> [Work required]: For every record here, output an exact copy.

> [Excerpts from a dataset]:
========================================

-- ===== src/Simulator/Relay/Tests.antt =====
-- Runs of the RPC methods of crates/execution/simulator/src/validation/mod.rs on a sample request.
use ethgas_reth.Base.{ℕ, ◌≡◌, refl, true, List, [], ◌∷◌, none, some, lookup, contains, inr}
use ethgas_reth.Simulator.Header.{validate_message_against_header, get_parent_header}
use ethgas_reth.Simulator.Disallowed.{check_parties, check_accounts}
use ethgas_reth.Simulator.Constraint.{validate_inclusion_list_constraint}
use ethgas_reth.Simulator.Payment.{ensure_payment}
use ethgas_reth.Simulator.Submission.{validate_message_against_block}
use ethgas_reth.Simulator.Relay.{
  Payloads, RelayRequest, submission_v4, submission_v5, unsupported, invalid_params, internal_error,
  declined, answer, verdict_of, validate_block, validate_blobs_bundle, validate_blobs_bundle_v2,
  well_formed, check_size, payload_into_block, block_of_v4, spawn_validation, error_code,
}
use ethgas_reth.Simulator.Relay.Accepting.{Served, answer-Served}
use ethgas_reth.Simulator.Samples.{block, bid, listed, engine, views}

abbrev payloads_of : ℕ → Payloads
payloads_of limit = record {
  Sidecar = List ℕ;
  kzg_to_versioned_hash = λ c. c;
  pop_sidecar = λ bundle _. bundle.commitments;
  try_into_sidecar = λ bundle. some bundle.commitments;
  validate_sidecar = λ _ _. none;
  ensure_well_formed_payload = λ _. inr block;
  is_osaka_active_at_timestamp = λ _. true;
  max_rlp_block_size = limit;
}

abbrev payloads : Payloads
payloads = payloads_of 1000

abbrev request : List ℕ → RelayRequest
request proofs = record {
  execution_payload = 1;
  blobs_bundle = record { commitments = 4 ∷ []; proofs = proofs; blobs = 6 ∷ [] };
  execution_requests = 2;
  parent_beacon_block_root = 8;
  message = bid 5;
  apply_blacklist = true;
  inclusion_list = some listed;
}

answer-Served_example :
    (true ≡ true) × Served payloads engine 3 views (submission_v5 (request (5 ∷ [])))
unfolding answer verdict_of validate_block payload_into_block validate_blobs_bundle_v2 well_formed
    check_size spawn_validation validate_message_against_block validate_message_against_header
    check_parties contains get_parent_header check_accounts validate_inclusion_list_constraint
    ensure_payment lookup
answer-Served_example =
    answer-Served payloads engine 3 views true (submission_v5 (request (5 ∷ []))) refl

-- A version 4 bundle that lacks a proof is an invalid parameter.
lacking_proof :
    answer payloads engine 3 views true (submission_v4 (request [])) ≡ declined invalid_params
unfolding answer verdict_of validate_block block_of_v4 validate_blobs_bundle spawn_validation
    error_code
lacking_proof = refl

-- A block above the size limit is an internal error.
too_large :
    answer (payloads_of 400) engine 3 views true (submission_v5 (request []))
    ≡ declined internal_error
unfolding answer verdict_of validate_block payload_into_block validate_blobs_bundle_v2 well_formed
    check_size spawn_validation error_code
too_large = refl

unsupported_call : answer payloads engine 3 views true unsupported ≡ declined internal_error
unfolding answer verdict_of spawn_validation error_code
unsupported_call = refl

========================================

> [Result]:
-- ===== src/Simulator/Relay/Tests.antt =====
-- Runs of the RPC methods of crates/execution/simulator/src/validation/mod.rs on a sample request.
use ethgas_reth.Base.{ℕ, ◌≡◌, refl, true, List, [], ◌∷◌, none, some, lookup, contains, inr}
use ethgas_reth.Simulator.Header.{validate_message_against_header, get_parent_header}
use ethgas_reth.Simulator.Disallowed.{check_parties, check_accounts}
use ethgas_reth.Simulator.Constraint.{validate_inclusion_list_constraint}
use ethgas_reth.Simulator.Payment.{ensure_payment}
use ethgas_reth.Simulator.Submission.{validate_message_against_block}
use ethgas_reth.Simulator.Relay.{
  Payloads, RelayRequest, submission_v4, submission_v5, unsupported, invalid_params, internal_error,
  declined, answer, verdict_of, validate_block, validate_blobs_bundle, validate_blobs_bundle_v2,
  well_formed, check_size, payload_into_block, block_of_v4, spawn_validation, error_code,
}
use ethgas_reth.Simulator.Relay.Accepting.{Served, answer-Served}
use ethgas_reth.Simulator.Samples.{block, bid, listed, engine, views}

abbrev payloads_of : ℕ → Payloads
payloads_of limit = record {
  Sidecar = List ℕ;
  kzg_to_versioned_hash = λ c. c;
  pop_sidecar = λ bundle _. bundle.commitments;
  try_into_sidecar = λ bundle. some bundle.commitments;
  validate_sidecar = λ _ _. none;
  ensure_well_formed_payload = λ _. inr block;
  is_osaka_active_at_timestamp = λ _. true;
  max_rlp_block_size = limit;
}

abbrev payloads : Payloads
payloads = payloads_of 1000

abbrev request : List ℕ → RelayRequest
request proofs = record {
  execution_payload = 1;
  blobs_bundle = record { commitments = 4 ∷ []; proofs = proofs; blobs = 6 ∷ [] };
  execution_requests = 2;
  parent_beacon_block_root = 8;
  message = bid 5;
  apply_blacklist = true;
  inclusion_list = some listed;
}

answer-Served_example :
    (true ≡ true) × Served payloads engine 3 views (submission_v5 (request (5 ∷ [])))
unfolding answer verdict_of validate_block payload_into_block validate_blobs_bundle_v2 well_formed
    check_size spawn_validation validate_message_against_block validate_message_against_header
    check_parties contains get_parent_header check_accounts validate_inclusion_list_constraint
    ensure_payment lookup
answer-Served_example =
    answer-Served payloads engine 3 views true (submission_v5 (request (5 ∷ []))) refl

-- A version 4 bundle that lacks a proof is an invalid parameter.
lacking_proof :
    answer payloads engine 3 views true (submission_v4 (request [])) ≡ declined invalid_params
unfolding answer verdict_of validate_block block_of_v4 validate_blobs_bundle spawn_validation
    error_code
lacking_proof = refl

-- A block above the size limit is an internal error.
too_large :
    answer (payloads_of 400) engine 3 views true (submission_v5 (request []))
    ≡ declined internal_error
unfolding answer verdict_of validate_block payload_into_block validate_blobs_bundle_v2 well_formed
    check_size spawn_validation error_code
too_large = refl

unsupported_call : answer payloads engine 3 views true unsupported ≡ declined internal_error
unfolding answer verdict_of spawn_validation error_code
unsupported_call = refl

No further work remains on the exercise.